Looking at the diagram attached to the original entry the distances from the QPDs to the waist position
are L_QPDA_WAIST = 0.0434 and L_QPDA_WAIST = 0.484. Taking the inverse matrices of the right hand side,
we obtain
| V_POS | | 0.845 -0.0985 | | (H1:OMC-ASC_QPD_A_PIT_OUT) |
| | propto | | | |
| V_ANG | | -1.75 2.27 | | (H1:OMC-ASC_QPD_B_PIT_OUT) |
| H_POS | | 0.845 0.0985 | | (H1:OMC-ASC_QPD_A_YAW_OUT) |
| | propto | | | |
| H_ANG | | -1.75 -2.27 | | (H1:OMC-ASC_QPD_B_YAW_OUT) |
i.e.
| H_POS | | 0 0 0.845 0.0985 | | (H1:OMC-ASC_QPD_A_PIT_OUT) |
| V_POS | | 0.845 -0.0985 0 0 | | (H1:OMC-ASC_QPD_B_PIT_OUT) |
| | propto | | | |
| H_ANG | | 0 0 -1.75 -2.27 | | (H1:OMC-ASC_QPD_A_YAW_OUT) |
| V_ANG | | -1.75 2.27 0 0 | | (H1:OMC-ASC_QPD_B_YAW_OUT) |
This matrix is defined as IN.
4. Actuator selection
Which mirror combination we should use? Nic and Dan checked Gouy phase at the location of the mirrors.

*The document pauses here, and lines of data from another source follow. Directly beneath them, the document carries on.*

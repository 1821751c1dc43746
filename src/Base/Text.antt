-- ===== src/Base/Text.antt =====
-- `std::string` as the list of its bytes, and its order: bytes compared as unsigned, the shorter
-- first where one is a prefix of the other.
use Prim.Native.Nat.{ℕ, ◌<◌}
use mathlib.Core.List.{List, [], ◌∷◌}
use mathlib.Core.Path.{◌≡◌, refl}
use mathlib.Core.Logic.{◌⊎◌, inl, inr, ◌≢◌}
use native.Mathlib.Decide.{ℕ_discrete, dec_lt}
use native.Mathlib.Omega.{arith}

abbrev pub Text : Type 0
Text = List ℕ

unfoldable pub Text-discrete : Discrete Text
unfolding ℕ_discrete
Text-discrete = hlevel ℕ_discrete

-- `lhs < rhs`
abbrev pub TextLt : Text → Text → Type 0
TextLt s [] = ⊥
TextLt [] (y ∷ t) = Unit
TextLt (x ∷ s) (y ∷ t) = (x < y) ⊎ ((x ≡ y) × TextLt s t)

unfoldable pub dec_text_lt : (s t : Text) → Dec (TextLt s t)
unfolding ℕ_discrete dec_lt
dec_text_lt [] [] = no λ h. h
dec_text_lt (x ∷ s) [] = no λ h. h
dec_text_lt [] (y ∷ t) = yes tt
dec_text_lt (x ∷ s) (y ∷ t) = elim (dec_lt x y) [
  | yes p ↦ yes (inl p)
  | no p ↦ elim (ℕ_discrete x y) [
    | yes e ↦ elim (dec_text_lt s t) [ yes q ↦ yes (inr (e, q)) | no q ↦ no (ground arith) ]
    | no e ↦ no (ground arith)
  ]
]

pub TextLt-irreflexive : (s : Text) → ¬ TextLt s s
TextLt-irreflexive [] h = h
TextLt-irreflexive (x ∷ s) h = ground (arith, TextLt-irreflexive s)

pub TextLt-trans : (s t u : Text) → TextLt s t → TextLt t u → TextLt s u
TextLt-trans s t [] h k = k
TextLt-trans [] t (z ∷ u) h k = tt
TextLt-trans (x ∷ s) [] (z ∷ u) h k = absurd h
TextLt-trans (x ∷ s) (y ∷ t) (z ∷ u) h k = ground (arith, TextLt-trans s t u)

-- The order is total.
pub TextLt-total : (s t : Text) → ¬ TextLt s t → s ≢ t → TextLt t s
TextLt-total [] [] h n = absurd (n refl)
TextLt-total [] (y ∷ t) h n = absurd (h tt)
TextLt-total (x ∷ s) [] h n = tt
TextLt-total (x ∷ s) (y ∷ t) h n = ground (arith, TextLt-total s t)
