-- ===== src/Address.antt =====
-- The addresses of contracts: bcos-scheduler/ChecksumAddress.h, and `newEVMAddress` and
-- `preprocessAddress` of BlockExecutive.cpp. The hash functions, the hexadecimal form of bytes and the
-- decimal form of a number come from other libraries and are parameters.
pub mod Cases
pub mod Length
mod Tests
use bcos_dispatcher.Base.{
  ℕ, zero, suc, ◌+◌, ◌-◌, ◌/◌, ◌%◌, Bool, true, false, ◌&&◌, ◌||◌, Option, none, some, List, [],
  ◌∷◌, ◌++◌, map, ltb, leb, ◌==◌, if◌then◌else◌,
}
use bcos_dispatcher.Base.Text.{Text}

-- `tolower`, `toupper` and `isdigit` of the C locale.
unfoldable pub to_lower : ℕ → ℕ
to_lower c = if leb 65 c && leb c 90 then c + 32 else c

unfoldable pub to_upper : ℕ → ℕ
to_upper c = if leb 97 c && leb c 122 then c - 32 else c

abbrev pub is_digit : ℕ → Bool
is_digit c = leb 48 c && leb c 57

unfoldable pub convert_hex_char_to_int : ℕ → ℕ
convert_hex_char_to_int byte =
    if leb 48 byte && leb byte 57
    then byte - 48
    else if leb 97 byte && leb byte 102
    then byte - 97 + 10
    else if leb 65 byte && leb byte 70
    then byte - 65 + 10
    else 0

unfoldable pub prepend : ℕ → Option Text → Option Text
prepend c none = none
prepend c (some t) = some (c ∷ t)

abbrev pub tail : Text → Text
tail [] = []
tail (_ ∷ t) = t

-- A character that is no digit, against the hash from its place on; `none` is a read past its end.
unfoldable pub checksum_char : ℕ → Text → Option Text → Option Text
unfolding prepend to_upper convert_hex_char_to_int
checksum_char c [] rest = none
checksum_char c (h ∷ _) rest =
    prepend (if leb 8 (convert_hex_char_to_int h) then to_upper c else c) rest

-- The loop of `toChecksumAddress(_addr, addressHashHex)`.
unfoldable pub checksum : Text → Text → Option Text
unfolding checksum_char prepend
checksum [] address_hash_hex = some []
checksum (c ∷ addr) address_hash_hex =
    let rest = checksum addr (tail address_hash_hex) in
    if is_digit c then prepend c rest else checksum_char c address_hash_hex rest

unfoldable pub lower : Text → Text
unfolding to_lower
lower [] = []
lower (c ∷ t) = to_lower c ∷ lower t

-- `toChecksumAddress(_hexAddress, _hashImpl)`; the parameter is the hash in hexadecimal.
unfoldable pub to_checksum_address : (Text → Text) → Text → Option Text
unfolding checksum lower
to_checksum_address hash_hex hex_address =
    checksum (lower hex_address) (hash_hex (lower hex_address))

-- `toChecksumAddressFromBytes`; the hexadecimal form of the bytes is a parameter.
unfoldable pub to_checksum_address_from_bytes :
    (to_hex_string hash_hex : Text → Text) → Text → Option Text
unfolding to_checksum_address
to_checksum_address_from_bytes to_hex_string hash_hex address_bytes =
    to_checksum_address hash_hex (to_hex_string address_bytes)

-- The characters are read before the length is known.
unfoldable pub preprocess_address : Text → Option Text
unfolding lower
preprocess_address [] = none
preprocess_address (a ∷ []) = if a == 48 then none else some (lower (a ∷ []))
preprocess_address (a ∷ b ∷ rest) =
    if a == 48 && b == 120 then some (lower rest) else some (lower (a ∷ b ∷ rest))

-- `boost::algorithm::hex` on the first bytes of a hash; `none` is a read past its end.
unfoldable pub hex_digit : ℕ → ℕ
hex_digit d = if ltb d 10 then d + 48 else d + 55

unfoldable pub hex : ℕ → Text → Option Text
unfolding prepend hex_digit
hex zero t = some []
hex (suc n) [] = none
hex (suc n) (b ∷ t) = prepend (hex_digit (b / 16)) (prepend (hex_digit (b % 16)) (hex n t))

unfoldable pub checksum_of : (Text → Text) → Option Text → Option Text
unfolding to_checksum_address
checksum_of hash_hex none = none
checksum_of hash_hex (some t) = to_checksum_address hash_hex t

-- `newEVMAddress(blockNumber, contextID, seq)`
unfoldable pub new_evm_address :
    (hash hash_hex : Text → Text) (decimal : ℕ → Text) → ℕ → ℕ → ℕ → Option Text
unfolding hex checksum_of
new_evm_address hash hash_hex decimal block_number contextID seq =
    checksum_of hash_hex
      (hex 20 (hash (decimal block_number ++ (95 ∷ (decimal contextID ++ (95 ∷ decimal seq))))))

-- `newEVMAddress(_sender, _init, _salt)`
unfoldable pub new_evm_address_salted :
    (hash hash_hex : Text → Text) (to_big_endian : ℕ → Text) → Text → Text → ℕ → Option Text
unfolding hex checksum_of
new_evm_address_salted hash hash_hex to_big_endian sender init salt =
    checksum_of hash_hex
      (hex 20 (hash ((255 ∷ []) ++ (sender ++ (to_big_endian salt ++ hash init)))))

That suggested that OM2 and OM3 has -70deg and +70deg with regard to the Gouy phase at OM1. Therefore
we decided to use OM1 and OM3. That means we convert 4 inputs to 6 outputs using the following ACT matrix.
| 1 0 0 0 |
| 0 0 0 0 |
| 0 1 0 0 |
ACT = | |
| 0 0 1 0 |
| 0 0 0 0 |
| 0 0 0 1 |
5. Output matrix
Now we want to set the output matrix to make the roundtrip open loop matrix diagonal.
That means we want to make
IN.T.ACT.OUT = I
i.e.
OUT = Inverse(IN.T.ACT)
We want to make the actuation orthogonal in terms of the POS/ANG basis. In order to obtain the
actuation matrix, we need to take the inverse of the product of the matrix in 3. and 1.
OUT = Inverse[IN.T] =
| 0 -1019 0 410 |
| 0 - 369 0 -781 |
| -405 0 214 0 |
| -301 0 -392 0 |
The actual output matrix of the MEDM screen is a combination of ACT and OUT, that is
| 0 -1019 0 410 |
| 0 0 0 0 |
| 0 - 369 0 -781 |
ACT.OUT = | |
| -405 0 214 0 |
| 0 0 0 0 |
| -301 0 -392 0 |
6. Servo control
The servo filter did not have the slow integrator which suppresses the DC component.
An integrator below 0.1Hz was added to FM6.